Collected data:
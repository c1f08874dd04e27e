-- ===== src/Gateway/Engines/Running.antt =====
-- Which engines run when a start is over.
use bypath.Base.{
  ℕ, nat_eq, Bool, true, false, not, ◌||◌, ◌==◌, if◌then◌else◌, List, [], ◌∷◌, ◌++◌, map, none,
  some, select, ◌≡◌, ◌⊎◌, inl, inr, refl, sym, ap, ◌∙◌, Bool-cases, Result-cases,
}
use bypath.Profile.{Link}
use bypath.Profile.Store.{set_active_link, get_group}
use bypath.Engine.Fallback.{start_with_fallback}
use bypath.Engine.Fallback.Leaves.{processes_of-Leaves}
use bypath.Gateway.Engines.{
  Gateway, System, start_engine, drop_engine, connects, checked, start_engine_with_engine_fallback,
  is_candidate, try_links, links_of, fallback_group, start_engine_with_link_fallback,
  with_native_tun, restart_engine_as_legacy, start_engine_with_fallback, preferred_name,
}

-- No engine runs, and the gateway holds none.
pub record IsIdle (gw : Gateway) : Type 0 where
  pub embedded : gw.embedded ≡ none
  pub engine_proc : gw.engine_proc ≡ none
  pub alive : gw.alive ≡ []
  pub going : gw.cancelled ≡ false

-- Run `n` of an engine is the only one, and the gateway holds it, as the embedded engine or as the process.
pub record Holds (gw : Gateway) (n : ℕ) : Type 0 where
  pub held :
      ((gw.embedded ≡ some n) × (gw.engine_proc ≡ none))
      ⊎ ((gw.embedded ≡ none) × (gw.engine_proc ≡ some n))
  pub alive : gw.alive ≡ n ∷ []
  pub going : gw.cancelled ≡ false

module _ (sys : System) where
  -- How a start ends: with one engine, behind which a check of the connection has passed, or with none.
  pub data Ends : Gateway × Bool → Type 0 where
    up : {gw : Gateway} (n i : ℕ) → Holds gw n → connects sys n i gw ≡ true → Ends (gw, true)
    down : {gw : Gateway} → IsIdle gw → Ends (gw, false)

  data Started (n : ℕ) : Gateway × Bool → Type 0 where
    runs : {gw : Gateway} → Holds gw n → Started n (gw, true)
    fails : {gw : Gateway} → IsIdle gw → Started n (gw, false)

  -- the runs of engines, with the processes that a start leaves
  abbrev left_alive : Gateway → List ℕ → List ℕ
  left_alive gw left = map (λ i. gw.starts) left ++ gw.alive

  start_engine-Started :
      (link : Link) {gw : Gateway} → IsIdle gw → Started gw.starts (start_engine sys link gw)
  unfolding start_engine
  start_engine-Started link {gw} idle =
      let leaves =
        processes_of-Leaves gw.config.engines.fallback (sys.launch gw.starts) link
          gw.config.engines.preferred_engine in
      elim (Bool-cases (sys.embedded_starts gw.starts (preferred_name gw.config) link)) [
        | inl e ↦
            rw (e, start_engine)
              (runs (record {
                held = inl (refl, idle.engine_proc);
                alive = ap (λ l. gw.starts ∷ l) idle.alive;
                going = idle.going;
              }))
        | inr e ↦
            elim (Result-cases (
              start_with_fallback gw.config.engines.fallback (sys.launch gw.starts) link
                gw.config.engines.preferred_engine)) [
                  | inl (result, s) ↦
                      rw (e, start_engine)
                        (rw s (
                          runs (record {
                            held = inr (idle.embedded, refl);
                            alive =
                                ap (left_alive gw) (rw s at leaves).1
                                ∙ ap (λ l. gw.starts ∷ l) idle.alive;
                            going = idle.going;
                          })))
                  | inr (failure, s) ↦
                      rw (e, start_engine)
                        (rw s (
                          fails (record {
                            embedded = idle.embedded;
                            engine_proc = idle.engine_proc;
                            alive = ap (left_alive gw) (rw s at leaves) ∙ idle.alive;
                            going = idle.going;
                          })))
                ]
      ]

  stopped_only : (n : ℕ) (alive : List ℕ) → alive ≡ n ∷ [] → select (λ m. not (m == n)) alive ≡ []
  unfolding select
  stopped_only n alive e = rw e (rw ((nat_eq.test_iff n n).1 refl) refl)

  drop_engine-Holds : {gw : Gateway} {n : ℕ} → Holds gw n → IsIdle (drop_engine sys gw)
  unfolding drop_engine
  drop_engine-Holds {gw} {n} h = elim h.held [
    | inl (e, p) ↦
        rw (e, drop_engine)
          (record {
            embedded = refl;
            engine_proc = p;
            alive = stopped_only n gw.alive h.alive;
            going = h.going;
          })
    | inr (e, p) ↦
        rw (e, drop_engine)
          (rw p (record {
            embedded = e;
            engine_proc = refl;
            alive = stopped_only n gw.alive h.alive;
            going = h.going;
          }))
  ]

  drop_engine-IsIdle : {gw : Gateway} → IsIdle gw → IsIdle (drop_engine sys gw)
  unfolding drop_engine
  drop_engine-IsIdle {gw} h = rw (h.embedded, drop_engine) (rw h.engine_proc h)

  Ends-if :
      (b : Bool) (r s : Gateway × Bool)
      → (b ≡ true → Ends r)
      → (b ≡ false → Ends s)
      → Ends (if b then r else s)
  Ends-if true r s h k = h refl
  Ends-if false r s h k = k refl

  one_of : (a b : Bool) → (a || b) ≡ true → (a ≡ true) ⊎ (b ≡ true)
  one_of true b h = inl refl
  one_of false b h = inr h

  inactive : {gw : Gateway} → IsIdle gw → IsIdle (record gw { active_engine = "" })
  inactive i = record {
    embedded = i.embedded;
    engine_proc = i.engine_proc;
    alive = i.alive;
    going = i.going;
  }

  checked-Ends : (n : ℕ) {gw : Gateway} → Holds gw n → Ends (checked sys n gw)
  unfolding checked
  checked-Ends n {gw} h = Ends-if (connects sys n 0 gw) _ _ (up n 0 h) (λ no_first.
      Ends-if gw.cancelled _ _ (λ c. cc (sym h.going ∙ c))
        (λ going.
          Ends-if (connects sys n 1 gw || connects sys n 2 gw) _ _
            (λ later. elim (one_of _ _ later) [
              | inl second ↦ up n 1 h second
              | inr third ↦ up n 2 h third
            ])
            (λ none_left. down (inactive (drop_engine-Holds h)))))

  after_start :
      (n : ℕ) {r : Gateway × Bool}
      → Started n r
      → Ends (if r.1 then checked sys n r.0 else (r.0, false))
  after_start n (runs h) = checked-Ends n h
  after_start n (fails i) = down i

  start_engine_with_engine_fallback-Ends :
      (link : Link) {gw : Gateway}
      → IsIdle gw
      → Ends (start_engine_with_engine_fallback sys link gw)
  unfolding start_engine_with_engine_fallback
  start_engine_with_engine_fallback-Ends link {gw} idle =
      after_start gw.starts (start_engine-Started link idle)

  after_link :
      (link l : Link) (ls : List Link) {r : Gateway × Bool}
      → ((gw : Gateway) → IsIdle gw → Ends (try_links sys link ls gw))
      → Ends r
      → Ends (
          if r.1
          then (record r.0 { profiles = set_active_link sys.write l r.0.profiles }, true)
          else try_links sys link ls r.0)
  after_link link l ls rest (up n i h c) =
      up n i (record { held = h.held; alive = h.alive; going = h.going }) c
  after_link link l ls rest (down {gw} d) = rest gw d

  try_links-Ends :
      (link : Link) (ls : List Link) (gw : Gateway) → IsIdle gw → Ends (try_links sys link ls gw)
  unfolding try_links
  try_links-Ends link [] gw idle = down idle
  try_links-Ends link (l ∷ ls) gw idle = elim (Bool-cases (is_candidate sys link l)) [
    | inr skip ↦ rw (skip, try_links) (try_links-Ends link ls gw idle)
    | inl candidate ↦
        rw (candidate, try_links)
          (after_link link l ls (λ g. try_links-Ends link ls g)
            (start_engine_with_engine_fallback-Ends l idle))
  ]

  start_engine_with_link_fallback-Ends :
      (link : Link) {gw : Gateway} → IsIdle gw → Ends (start_engine_with_link_fallback sys link gw)
  unfolding start_engine_with_link_fallback
  start_engine_with_link_fallback-Ends link {gw} idle =
      after_first (start_engine_with_engine_fallback-Ends link idle)
    where
      after_first :
          {r : Gateway × Bool}
          → Ends r
          → Ends (
              if r.1
              then (r.0, true)
              else try_links sys link
                  (links_of sys (get_group (fallback_group sys link gw) r.0.profiles))
                  r.0)
      after_first (up n i h c) = up n i h c
      after_first (down {gw = g} d) = try_links-Ends link _ g d

  restart_engine_as_legacy-dropped :
      (link : Link) (gw : Gateway)
      → IsIdle (drop_engine sys gw)
      → Ends (restart_engine_as_legacy sys link gw)
  unfolding restart_engine_as_legacy
  restart_engine_as_legacy-dropped link gw idle =
      restored (start_engine_with_link_fallback-Ends link (legacy idle))
    where
      legacy :
          {g : Gateway}
          → IsIdle g
          → IsIdle (record g { config = with_native_tun sys false gw.config; native_tun = false })
      legacy d = record {
        embedded = d.embedded;
        engine_proc = d.engine_proc;
        alive = d.alive;
        going = d.going;
      }

      restored :
          {r : Gateway × Bool}
          → Ends r
          → Ends (
            record r.0 { config = with_native_tun sys gw.config.gateway.native_tun r.0.config },
            r.1,
          )
      restored (up n i h c) = up n i (record { held = h.held; alive = h.alive; going = h.going }) c
      restored (down d) = down (record {
        embedded = d.embedded;
        engine_proc = d.engine_proc;
        alive = d.alive;
        going = d.going;
      })

  restart_engine_as_legacy-Ends :
      (link : Link) {gw : Gateway} → IsIdle gw → Ends (restart_engine_as_legacy sys link gw)
  restart_engine_as_legacy-Ends link idle =
      restart_engine_as_legacy-dropped link _ (drop_engine-IsIdle idle)

  pub restart_engine_as_legacy-Holds :
      (link : Link) {gw : Gateway} {n : ℕ}
      → Holds gw n
      → Ends (restart_engine_as_legacy sys link gw)
  restart_engine_as_legacy-Holds link h =
      restart_engine_as_legacy-dropped link _ (drop_engine-Holds h)

  without_tun : {gw : Gateway} → IsIdle gw → IsIdle (record gw { native_tun = false })
  without_tun d = record {
    embedded = d.embedded;
    engine_proc = d.engine_proc;
    alive = d.alive;
    going = d.going;
  }

  -- From a gateway with no engine, that has not been stopped: the start succeeds with exactly one engine
  -- running, which the gateway holds and behind which a check of the connection has passed; or it fails
  -- with none running. So no engine that was tried on the way, for whatever link and mode, is left.
  pub start_engine_with_fallback-Ends :
      (link : Link) (gw : Gateway) → IsIdle gw → Ends (start_engine_with_fallback sys link gw)
  unfolding start_engine_with_fallback
  start_engine_with_fallback-Ends link gw idle =
      Ends-if (not gw.config.gateway.native_tun) _ _
        (λ off. start_engine_with_link_fallback-Ends link (without_tun idle))
        (λ on. tun (start_engine_with_link_fallback-Ends link idle))
    where
      again :
          {r : Gateway × Bool}
          → Ends r
          → Ends (
              if r.1
              then (r.0, true)
              else restart_engine_as_legacy sys link (record r.0 { native_tun = false }))
      again (up n i h c) = up n i h c
      again (down d) = restart_engine_as_legacy-Ends link (without_tun d)

      tun :
          {r : Gateway × Bool}
          → Ends r
          → Ends (
              if r.1
              then (r.0, true)
              else if not sys.is_full
              then restart_engine_as_legacy sys link (record r.0 { native_tun = false })
              else if r.0.cancelled
              then (r.0, false)
              else if (start_engine_with_link_fallback sys link r.0).1
              then ((start_engine_with_link_fallback sys link r.0).0, true)
              else restart_engine_as_legacy sys link
                  (record (start_engine_with_link_fallback sys link r.0).0 { native_tun = false }))
      tun (up n i h c) = up n i h c
      tun (down d) =
          Ends-if (not sys.is_full) _ _ (λ lite. restart_engine_as_legacy-Ends link (without_tun d))
            (λ full.
              Ends-if _ _ _ (λ c. down d)
                (λ going. again (start_engine_with_link_fallback-Ends link d)))
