-- ===== src/Gateway/Hosts/Lines.antt =====
-- The lines of /etc/hosts that a pin and an unpin keep.
use text.Mathlib.TextLemmas as Text
use bypath.Base.{
  String, string_eq, Bool, true, false, not, List, [], ◌∷◌, ◌++◌, ◌≡◌, refl, sym, ap, ◌∙◌, All,
  All-append, select, join, split, contains, contains_text, ◌<>◌, whole_lines, whole_lines-append,
  ends_in-whole_lines, split-join, contains_text-append, Bool-cases, inl, inr, arith,
  contains-append, append-nil,
}
use bypath.Gateway.Hosts.{newline, marker, is_pin_of, pin_line, pinned, unpinned}

abbrev pub IsLine : String → Type 0
IsLine line = contains b'\n' line ≡ false

abbrev pub unmarked : List String → List String
unmarked = select (λ line. not (contains_text line marker))

abbrev pub unpinned_of : String → List String → List String
unpinned_of hostname = select (λ line. not (is_pin_of hostname line))

select-append :
    (p : String → Bool) (xs ys : List String) → select p (xs ++ ys) ≡ select p xs ++ select p ys
unfolding select
select-append p [] ys = refl
select-append p (x ∷ xs) ys = ground (arith, select-append p xs ys)

split-lines :
    (x : String) (xs : List String)
    → All IsLine (x ∷ xs)
    → split b'\n' (whole_lines newline (x ∷ xs)) ≡ (x ∷ xs) ++ ("" ∷ [])
unfolding contains
split-lines x xs (h, rest) =
    split-join newline x (xs ++ ("" ∷ [])) (h, All-append IsLine xs ("" ∷ []) rest (refl, tt))

-- The lines that a loop over the lines of a file keeps.
select-lines :
    (p : String → Bool) (first : String) (rest : List String)
    → All IsLine (first ∷ rest)
    → p first ≡ true
    → p "" ≡ true
    → join newline (select p (split b'\n' (whole_lines newline (first ∷ rest))))
      ≡ whole_lines newline (first ∷ select p rest)
unfolding select
select-lines p first rest lines kept last =
    ap (λ ls. join newline (select p ls)) (split-lines first rest lines)
    ∙ ap (join newline) (select-append p (first ∷ rest) ("" ∷ []) ∙ rw kept (rw last refl))

pub pinned-lines :
    (ip hostname first : String) (rest : List String)
    → All IsLine (first ∷ rest)
    → is_pin_of hostname first ≡ false
    → pinned ip hostname (whole_lines newline (first ∷ rest))
      ≡ whole_lines newline ((first ∷ unpinned_of hostname rest) ++ (pin_line ip hostname ∷ []))
unfolding pinned contains_text
pinned-lines ip hostname first rest lines kept =
    let content = whole_lines newline (first ∷ unpinned_of hostname rest) in
    rw (select-lines (λ line. not (is_pin_of hostname line)) first rest lines (ap not kept) refl) (
      rw (ends_in-whole_lines newline first (unpinned_of hostname rest))
        (whole_lines-append newline (first ∷ unpinned_of hostname rest) (pin_line ip hostname)))

pub unpinned-lines :
    (first : String) (rest : List String)
    → All IsLine (first ∷ rest)
    → contains_text first marker ≡ false
    → unpinned (whole_lines newline (first ∷ rest)) ≡ whole_lines newline (first ∷ unmarked rest)
unfolding unpinned contains_text
unpinned-lines first rest lines kept =
    select-lines (λ line. not (contains_text line marker)) first rest lines (ap not kept) refl

-- the line of a pin, as `contains_text-append` reads it
pin_line-marked : (ip hostname : String) → contains_text (pin_line ip hostname) marker ≡ true
pin_line-marked ip hostname =
    ap (λ t. contains_text t marker)
      (sym (
        Text.append_assoc ip (" " <> (hostname <> " ")) marker
        ∙ ap (λ t. ip <> t)
            (Text.append_assoc " " (hostname <> " ") marker
              ∙ ap (λ t. " " <> t) (Text.append_assoc hostname " " marker))))
    ∙ contains_text-append (ip <> (" " <> (hostname <> " "))) marker ""

pin_line-IsLine :
    (ip hostname : String) → IsLine ip → IsLine hostname → IsLine (pin_line ip hostname)
unfolding contains
pin_line-IsLine ip hostname a b =
    rw (contains-append b'\n' ip (" " <> (hostname <> (" " <> marker)))) (
      rw a (
        rw (contains-append b'\n' " " (hostname <> (" " <> marker)))
          (rw (contains-append b'\n' hostname (" " <> marker)) (rw b refl))))

All-select :
    (P : String → Type 0) (p : String → Bool) (xs : List String) → All P xs → All P (select p xs)
unfolding select
All-select P p [] h = tt
All-select P p (x ∷ xs) (h, hs) = elim (Bool-cases (p x)) [
  | inl e ↦ rw e (h, All-select P p xs hs)
  | inr e ↦ rw e (All-select P p xs hs)
]

unmarked-unpinned :
    (hostname : String) (xs : List String) → unmarked (unpinned_of hostname xs) ≡ unmarked xs
unfolding select
unmarked-unpinned hostname [] = refl
unmarked-unpinned hostname (x ∷ xs) = ground (arith, unmarked-unpinned hostname xs)

select_none : (line : String) → contains_text line marker ≡ true → unmarked (line ∷ []) ≡ []
unfolding select
select_none line h = rw h refl

pub unpinned-pinned :
    (ip hostname first : String) (rest : List String)
    → IsLine ip
    → IsLine hostname
    → All IsLine (first ∷ rest)
    → contains_text first marker ≡ false
    → unpinned
        (whole_lines newline ((first ∷ unpinned_of hostname rest) ++ (pin_line ip hostname ∷ [])))
      ≡ whole_lines newline (first ∷ unmarked rest)
unpinned-pinned ip hostname first rest a b lines kept =
    let others = unpinned_of hostname rest in
    let line = pin_line ip hostname in
    unpinned-lines first (others ++ (line ∷ []))
      (
        lines.0,
        All-append IsLine others (line ∷ []) (All-select IsLine _ rest lines.1)
            (pin_line-IsLine ip hostname a b, tt),
      )
      kept
    ∙ ap (λ ls. whole_lines newline (first ∷ ls))
        (select-append (λ l. not (contains_text l marker)) others (line ∷ [])
          ∙ ap (λ ls. unmarked others ++ ls) (select_none line (pin_line-marked ip hostname))
          ∙ append-nil (unmarked others)
          ∙ unmarked-unpinned hostname rest)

[TASK INSTRUCTIONS]:
In the data above, retype exactly and only the lines between the one holding "first ≡ true" and the one holding "select-lines p first", inclusive.

[TASK SOLUTION]:
    → p first ≡ true
    → p "" ≡ true
    → join newline (select p (split b'\n' (whole_lines newline (first ∷ rest))))
      ≡ whole_lines newline (first ∷ select p rest)
unfolding select
select-lines p first rest lines kept last =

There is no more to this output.